A key element in the build-up to the global recession and subsequently was the movement in house price indexes (HPIs). These indexes are particularly prone to methodological and coverage differences which can undermine both within-country and cross-country economic analysis. The paper outlines key measurement issues and reports on empirical work using an international panel data set that (i) considers whether differences in HPI measurement matter and, if so, in what way, and (ii) revisits the measurement of global house price inflation and the modeling of the determinants of house price inflation using HPIs corrected for differences in measurement practice.

The October 2009 Report to the G-20 Finance Ministers and Central Bank Governors on the Financial Crisis and Information Gaps2 described data on dwellings and their associated price changes as critical ingredients for financial stability policy analysis.

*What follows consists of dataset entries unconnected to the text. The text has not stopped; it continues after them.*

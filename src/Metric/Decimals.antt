-- ===== src/Metric/Decimals.antt =====
-- `String(n)` for an integer of JavaScript that is not negative.
use centos_info_collect.Base.{
  ℕ, zero, suc, ◌+◌, ◌/◌, ◌%◌, ◌<◌, ◌≡◌, false, [], ◌∷◌, Text, null, ltb, if◌then◌else◌, arith,
}
use centos_info_collect.Base.Number.{decimal, decimal_from}

-- the digits of `n` before those of `acc`; `fuel` bounds their number
unfoldable pub digits_before : ℕ → ℕ → Text → Text
digits_before zero n acc = acc
digits_before (suc fuel) n acc =
    let rest = digits_before fuel (n / 10) ((48 + n % 10) ∷ acc) in
    if ltb n 10 then (48 + n) ∷ acc else rest

unfoldable pub to_text : ℕ → Text
unfolding digits_before
to_text n = digits_before (suc n) n []

digits_before-decimal_from :
    (fuel n : ℕ) (acc : Text)
    → n < fuel
    → decimal_from 0 (digits_before fuel n acc) ≡ decimal_from n acc
unfolding digits_before decimal_from
digits_before-decimal_from zero n acc h = ground arith
digits_before-decimal_from (suc fuel) n acc h =
    ground (arith, digits_before-decimal_from fuel (n / 10) ((48 + n % 10) ∷ acc))

-- The digits of a number denote it.
pub decimal-to_text : (n : ℕ) → decimal (to_text n) ≡ n
unfolding to_text decimal decimal_from
decimal-to_text n = digits_before-decimal_from (suc n) n [] (ground arith)

digits_before-null :
    (fuel n : ℕ) (acc : Text) → null acc ≡ false → null (digits_before fuel n acc) ≡ false
unfolding digits_before
digits_before-null zero n acc h = h
digits_before-null (suc fuel) n acc h =
    ground (arith, digits_before-null fuel (n / 10) ((48 + n % 10) ∷ acc))

-- A number has a digit.
pub to_text-null : (n : ℕ) → null (to_text n) ≡ false
unfolding to_text digits_before
to_text-null n = ground (arith, digits_before-null n (n / 10) ((48 + n % 10) ∷ []))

Of the 46 systemic banking crises for which data are available, more than two-thirds were preceded by house price boom-bust patterns (Claessens et al., 2010).3An understanding of deviations from equilibrium prices in housing markets requires reliable and, for international comparisons, consistently-measured, house price indexes (HPIs).4 Yet HPIs are particularly prone to methodological differences, which can undermine both within-country and cross-country analysis. It is a difficult but important area. There are empirical questions as to first, whether measurement differences matter and, if so, how and to what extent, and second, how such differences impact on analytical work including the measurement of global house price indexes and the modeling of HPI changes. A brief outline of measurement problems and practices is given in section II with more detail in Annex 1. Section II also notes a number of initiatives to harmonize HPI methodology. The empirical analysis in section III is based on a panel of five years of quarterly data for over 150 HPIs from nearly 25 countries; all the series differ (at least within countries) with regard to their methodological features. A fixed effects (for country) model with HPI changes regressed on measurement characteristics identify the extent to which measurement differences matter and the salient measurement features.